La diffusione del Coronavirus e le restrizioni alla vita sociale hanno avuto un impatto sulla vita di tutti. Ma le famiglie come hanno reagito? E soprattutto in che modo hanno percepito le politiche messe in atto dal governo durante la pandemia? La professoressa Elisabetta Carrà - docente di Sociologia della famiglia e membro del Comitato scientifico del Centro di Ateneo Studi e Ricerche sulla Famiglia nonché dell’Osservatorio Nazionale sulla Famiglia - insieme ai ricercatori Matteo Moscatelli e Chiara Ferrari ha elaborato una ricerca sul supporto del governo, la partecipazione attiva delle famiglie e la visione ottimistica del futuro durante l’emergenza Covid-19.
La ricerca - che verrà presentata all’interno del convegno di fine mandato della sezione politica sociale dell’Associazione Italiana di Sociologia (AIS) "Le famiglie cambiano: e le politiche? Tra buone intenzioni e buone pratiche", il 17 e il 18 febbraio - riporta la percezione degli intervistati rispetto alla capacità del governo di supportare le famiglie attraverso una scala specifica che prevede la misurazione di cinque dimensioni individuate dal Family Impact Institute americano.
Quello che emerge è una famiglia sospesa tra stress e opportunità, che deve fronteggiare diverse difficoltà che rischiano di sopraffarla, ma che allo stesso tempo mostra una capacità di attivare risorse al proprio interno per orientare e trasformare in senso positivo i cambiamenti affrontati.
È stata presa in analisi la capacità di responsabilizzare le famiglie; la capacità di contrastare gli effetti dell’instabilità coniugale e dei momenti critici che ogni famiglia vive e che possono destabilizzare gli equilibri; la capacità di conciliare le diversità tra i differenti membri della famiglia; la capacità dei politici di tenere conto delle diversità estreme che ci sono tra le famiglie in termini culturali, strutturali e socio-economici e infine la capacità di rendere le famiglie attive nei processi decisionali, in modo tale che gli interventi politici siano calibrati sulle loro esigenze.

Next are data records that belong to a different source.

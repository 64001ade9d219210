-- ===== src/Batch/Process.antt =====
-- `processBatchJob` of batch.go: the passes over the messages, and the end of the job. The database
-- does every read and write that it is asked for.
use gomsggw.Base.{
  Bool, ℕ, zero, suc, ◌+◌, ◌*◌, ◌%◌, not, ◌&&◌, ◌||◌, List, [], ◌∷◌, ◌++◌, Option, none, some, Text,
  Eq_String, Eq_Text, ◌==◌, leb, ltb, length, count, if◌then◌else◌,
}
use gomsggw.Batch.{
  BatchMessageItem, BatchJob, BatchMessageError, BatchState, processing, partially_queued,
  completed, job_failed, Cancel, is_sent, is_failed, is_cancelled, update_row, queued_rows,
}
use gomsggw.AutoReply.{second}
use gomsggw.Batch.Messages.{BatchMessage, make_items}
use gomsggw.Batch.Items.{BatchEnv, later, set_failed, save_counts, pass_items, retry_items}

abbrev pub retry_interval : ℕ
retry_interval = 30 * second

-- A `time.Duration` has 64 bits: a product of 2 ^ 63 and more is negative.
unfoldable pub max_retry : BatchJob → ℕ
max_retry job =
    let wrapped = (job.max_retry_mins * (60 * second)) % 18_446_744_073_709_551_616 in
    if leb 1 wrapped && ltb wrapped 9_223_372_036_854_775_808 then wrapped else 60 * (60 * second)

abbrev pub save_progress : BatchState → BatchState
save_progress st = record st {
  stored = record st.stored { sent_count = st.job.sent_count; queued_count = st.job.queued_count };
}

abbrev pub retry_phase : BatchState → BatchState
retry_phase st = record st {
  job = record st.job { status = partially_queued };
  stored = record st.stored { status = partially_queued };
}

-- The rows of the query for failed and cancelled messages, as errors.
unfoldable pub errors_of : List BatchMessageItem → List BatchMessageError
errors_of [] = []
errors_of (r ∷ rows) =
    let rest = errors_of rows in
    if is_failed r || is_cancelled r
    then record { index = r.index; to = r.to; error = r.error; code = r.error_code } ∷ rest
    else rest

abbrev pub save_final : BatchJob → BatchJob → BatchJob
save_final job stored = record stored {
  status = job.status;
  sent_count = job.sent_count;
  failed_count = job.failed_count;
  queued_count = 0;
  errors = job.errors;
  completed_at = job.completed_at;
}

-- The job as it is stored when the goroutine starts, with rows for its messages.
unfoldable pub start : ℕ → List (List Cancel) → BatchJob → List BatchMessageItem → BatchState
start now schedule job items = record {
  rows = items;
  stored = record job { status = processing };
  job = record job { status = processing };
  client_msg_chan = [];
  webhooks = [];
  now = now;
  tick = 0;
  schedule = schedule;
  found = [];
}

-- `time.NewTicker` panics where the whole nanoseconds of `time.Second / throttle` are none.
abbrev pub ticker_panics : BatchJob → Bool
ticker_panics job = ltb second job.throttle_rps

module _ (env : BatchEnv) where
  -- `time.Sleep(retryInterval)`
  unfoldable pub sleep : BatchState → BatchState
  unfolding later
  sleep st = let awake = later env st in record awake { now = awake.now + retry_interval }

  -- A round that finds queued messages.
  unfoldable pub retry_round : BatchState → BatchState
  unfolding retry_items queued_rows
  retry_round st = save_progress (retry_items env (queued_rows st.rows) st)

  -- The retry loop, on fuel; `none` means that the fuel ran out.
  unfoldable pub retry_loop : ℕ → ℕ → BatchState → Option BatchState
  unfolding sleep retry_round queued_rows
  retry_loop zero deadline st = none
  retry_loop (suc fuel) deadline st =
      let awake = sleep st in
      let next = retry_loop fuel deadline (retry_round awake) in
      if not (ltb st.now deadline && leb 1 st.job.queued_count)
      then some st
      else if leb (length (queued_rows awake.rows)) 0
      then some (record awake { job = record awake.job { queued_count = 0 } })
      else next

  unfoldable pub expire_items : List BatchMessageItem → BatchState → BatchState
  unfolding later update_row
  expire_items [] st = st
  expire_items (item ∷ items) st =
      let now = later env st in
      expire_items items (record now {
        rows = update_row item.id (set_failed "retry deadline exceeded" 429) now.rows;
      })

  -- What is still queued after the deadline fails.
  unfoldable pub expire : BatchState → BatchState
  unfolding expire_items queued_rows
  expire st =
      let remaining = queued_rows st.rows in
      let done = expire_items remaining st in
      if leb 1 st.job.queued_count
      then record done {
        job = record done.job {
          failed_count = done.job.failed_count + length remaining;
          queued_count = 0;
        };
      }
      else st

  abbrev pub expire_after : Option BatchState → Option BatchState
  expire_after none = none
  expire_after (some st) = some (expire st)

  unfoldable pub retry_queued : ℕ → BatchState → Option BatchState
  retry_queued fuel st =
      let retried = retry_phase st in
      if leb 1 st.job.queued_count
      then expire_after (retry_loop fuel (retried.now + max_retry retried.job) retried)
      else some st

  -- The job after the queries for the sent, the failed and the cancelled rows and for the errors, in
  -- this order; requests come between them.
  abbrev pub final_job : BatchState → BatchJob
  final_job st =
      let failed_seen = later env st in
      let cancelled_seen = later env failed_seen in
      let errors_seen = later env cancelled_seen in
      record st.job {
        completed_at = some st.now;
        queued_count = 0;
        sent_count = count is_sent st.rows;
        failed_count = count is_failed failed_seen.rows + count is_cancelled cancelled_seen.rows;
        status = if leb (count is_sent st.rows) 0 then job_failed else completed;
        errors = errors_of errors_seen.rows;
      }

  -- The state in which the final update is made.
  abbrev pub finalizing : BatchState → BatchState
  finalizing st = later env (later env (later env (later env st)))

  unfoldable pub finalize : BatchState → BatchState
  unfolding errors_of later
  finalize st =
      let last = finalizing st in
      record last {
        job = final_job st;
        stored = save_final (final_job st) last.stored;
        webhooks =
            if not (st.job.webhook_url == "")
            then last.webhooks ++ (final_job st ∷ [])
            else last.webhooks;
      }

  abbrev pub finalize_after : Option BatchState → Option BatchState
  finalize_after none = none
  finalize_after (some st) = some (finalize (later env st))

  -- `none` means that the goroutine panicked, or that the fuel ran out.
  unfoldable pub process_batch_job :
      ℕ → ℕ → List (List Cancel) → BatchJob → List BatchMessage → Text → Option BatchState
  process_batch_job fuel now schedule job messages template =
      let items = make_items env.new_id template 0 messages in
      if ticker_panics job
      then none
      else finalize_after
          (retry_queued fuel (save_counts (pass_items env items (start now schedule job items))))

Attraverso questa scala, i ricercatori hanno potuto verificare la propensione del governo italiano a far leva sulle capacità delle famiglie di contribuire al benessere della società. «Le famiglie - spiega la professoressa Carrà - si sono sentite molto responsabilizzate, però contemporaneamente hanno manifestato una certa perplessità sul fatto di non essere state coinvolte nelle decisioni, e di conseguenza non hanno saputo rispondere in modo specifico a bisogni molto diversificati».

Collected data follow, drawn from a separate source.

-- ===== src/Batch/Rows.antt =====
-- The rows of a batch job: lists of them compared row by row, and their ids.
use gomsggw.Base.{
  ◌+◌, ◌≤◌, Bool, true, false, ◌||◌, List, [], ◌∷◌, map, some, String, Eq_String, ◌==◌, ==_iff,
  count, All, ◌≡◌, inl, inr, refl, Bool-cases, arith,
}
pub use gomsggw.Base.{All-map, All-weaken, All-both}
use gomsggw.Batch.{BatchMessageItem, pending, find_row}

abbrev pub is_pending : BatchMessageItem → Bool
is_pending r = elim r.status [ pending ↦ true | _ ↦ false ]

abbrev pub has : String → List String → Bool
has x [] = false
has x (y ∷ ys) = y == x || has x ys

abbrev pub ids : List BatchMessageItem → List String
ids [] = []
ids (r ∷ rows) = r.id ∷ ids rows

abbrev pub Distinct : List String → Type 0
Distinct [] = Unit
Distinct (x ∷ xs) = (has x xs ≡ false) × Distinct xs

module _ {ℓ} {A : Type ℓ} where
  abbrev pub Pointwise : (A → A → Type 0) → List A → List A → Type 0
  Pointwise R [] [] = Unit
  Pointwise R (r ∷ rows) (s ∷ ss) = R r s × Pointwise R rows ss
  Pointwise R _ _ = ⊥

  pub Pointwise-map :
      (R : A → A → Type 0) (g : A → A) (rows : List A)
      → All (λ r. R r (g r)) rows
      → Pointwise R rows (map g rows)
  Pointwise-map R g [] h = tt
  Pointwise-map R g (r ∷ rows) h = (h.0, Pointwise-map R g rows h.1)

  pub Pointwise-refl :
      (R : A → A → Type 0) (rows : List A) → All (λ r. R r r) rows → Pointwise R rows rows
  Pointwise-refl R [] h = tt
  Pointwise-refl R (r ∷ rows) h = (h.0, Pointwise-refl R rows h.1)

  pub Pointwise-trans :
      (R : A → A → Type 0) (xs ys zs : List A)
      → ((x y z : A) → R x y → R y z → R x z)
      → Pointwise R xs ys
      → Pointwise R ys zs
      → Pointwise R xs zs
  Pointwise-trans R [] [] [] law h k = tt
  Pointwise-trans R (x ∷ xs) (y ∷ ys) (z ∷ zs) law h k =
      (law x y z h.0 k.0, Pointwise-trans R xs ys zs law h.1 k.1)
  Pointwise-trans R [] [] (z ∷ zs) law h k = absurd k
  Pointwise-trans R [] (y ∷ ys) zs law h k = absurd h
  Pointwise-trans R (x ∷ xs) [] zs law h k = absurd h
  Pointwise-trans R (x ∷ xs) (y ∷ ys) [] law h k = absurd k

  pub All-Pointwise :
      (R : A → A → Type 0) (P : A → Type 0) (Q : A → Type 0) (rows ss : List A)
      → ((r s : A) → R r s → P r → Q s)
      → Pointwise R rows ss
      → All P rows
      → All Q ss
  All-Pointwise R P Q [] [] law h k = tt
  All-Pointwise R P Q (r ∷ rows) (s ∷ ss) law h k =
      (law r s h.0 k.0, All-Pointwise R P Q rows ss law h.1 k.1)
  All-Pointwise R P Q [] (s ∷ ss) law h k = absurd h
  All-Pointwise R P Q (r ∷ rows) [] law h k = absurd h

  pub count-le :
      (R : A → A → Type 0) (p p' : A → Bool) (rows ss : List A)
      → ((r s : A) → R r s → p' s ≡ true → p r ≡ true)
      → Pointwise R rows ss
      → count p' ss ≤ count p rows
  count-le R p p' [] [] law h = omega arith
  count-le R p p' (r ∷ rows) (s ∷ ss) law h =
      ground (arith, law r s h.0, count-le R p p' rows ss law h.1)
  count-le R p p' [] (s ∷ ss) law h = absurd h
  count-le R p p' (r ∷ rows) [] law h = absurd h

-- A row that a test holds of no longer, at the id of at least one row, and no row that it begins to
-- hold of.
pub record Drops (p p' : BatchMessageItem → Bool) (q : String) (r s : BatchMessageItem)
    : Type 0 where
  pub no_more : p' s ≡ true → p r ≡ true
  pub counted : (r.id == q) ≡ true → p r ≡ true
  pub dropped : (r.id == q) ≡ true → p' s ≡ false

pub count-lt :
    (p p' : BatchMessageItem → Bool) (q : String) (rows ss : List BatchMessageItem)
    → Pointwise (Drops p p' q) rows ss
    → has q (ids rows) ≡ true
    → count p' ss + 1 ≤ count p rows
count-lt p p' q [] [] h found = cc
count-lt p p' q (r ∷ rows) (s ∷ ss) h found = elim (Bool-cases (r.id == q)) [
  | inl here ↦
      let less : count p' ss ≤ count p rows =
        count-le (Drops p p' q) p p' rows ss (λ r s d. d.no_more) h.1 in
      rw (h.0.counted here, h.0.dropped here) (omega arith)
  | inr elsewhere ↦
      let less : count p' ss + 1 ≤ count p rows =
        count-lt p p' q rows ss h.1 (rw elsewhere at found) in
      ground (arith, h.0.no_more)
]
count-lt p p' q [] (s ∷ ss) h found = absurd h
count-lt p p' q (r ∷ rows) [] h found = absurd h

-- Each row in the place of another has its id.
pub ids-Pointwise :
    (R : BatchMessageItem → BatchMessageItem → Type 0) (rows ss : List BatchMessageItem)
    → ((r s : BatchMessageItem) → R r s → s.id ≡ r.id)
    → Pointwise R rows ss
    → ids ss ≡ ids rows
ids-Pointwise R [] [] law h = refl
ids-Pointwise R (r ∷ rows) (s ∷ ss) law h = cc (law r s h.0, ids-Pointwise R rows ss law h.1)
ids-Pointwise R [] (s ∷ ss) law h = absurd h
ids-Pointwise R (r ∷ rows) [] law h = absurd h

absent :
    (q : String) (P : BatchMessageItem → Type 0) (rows : List BatchMessageItem)
    → has q (ids rows) ≡ false
    → All (λ r. (r.id == q) ≡ true → P r) rows
absent q P [] h = tt
absent q P (r ∷ rows) h = (λ e. absurd (ground (arith, e)), absent q P rows (ground arith))

-- The row that is found is the only one with its id.
pub find_row-All :
    (q : String) (rows : List BatchMessageItem) {r : BatchMessageItem}
    → Distinct (ids rows)
    → find_row q rows ≡ some r
    → All (λ s. (s.id == q) ≡ true → s ≡ r) rows
unfolding find_row
find_row-All q [] one h = cc
find_row-All q (s ∷ rows) {r} one h = elim (Bool-cases (s.id == q)) [
  | inl here ↦
      (λ e. ground (arith, here), absent q (λ t. t ≡ r) rows (rw ((==_iff s.id q).0 here) at one.0))
  | inr elsewhere ↦ (λ e. cc, find_row-All q rows one.1 (rw elsewhere at h))
]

Ma non solo, quello che si evince dalla ricerca è che se durante il lockdown “duro”, quello di marzo-aprile, c’è stato un certo scetticismo rispetto alla capacità del governo di supportare le famiglie, la situazione è peggiorata a giugno: «Abbiamo potuto mettere in evidenza come il fatto di sentirsi supportati dal governo aumenti la visione ottimistica nei confronti del futuro, quindi c’è un legame molto stretto tra sentirsi supportati, poter guardare con ottimismo al futuro e sentirsi parte attiva del cambiamento sociale».
Punti fondamentali quelli evidenziati dalla professoressa, che dovrebbero concretizzarsi all’interno del Family Act: «La riforma elaborata dalla ministra Elena Bonetti con cui ho collaborato in quanto membro dell’Osservatorio Nazionale sulla Famiglia, se portata a termine nell’ambito del nuovo governo Draghi, potrebbe costituire una risorsa per far ripartire la natalità in un Paese, il nostro, in declino sotto questo punto di vista».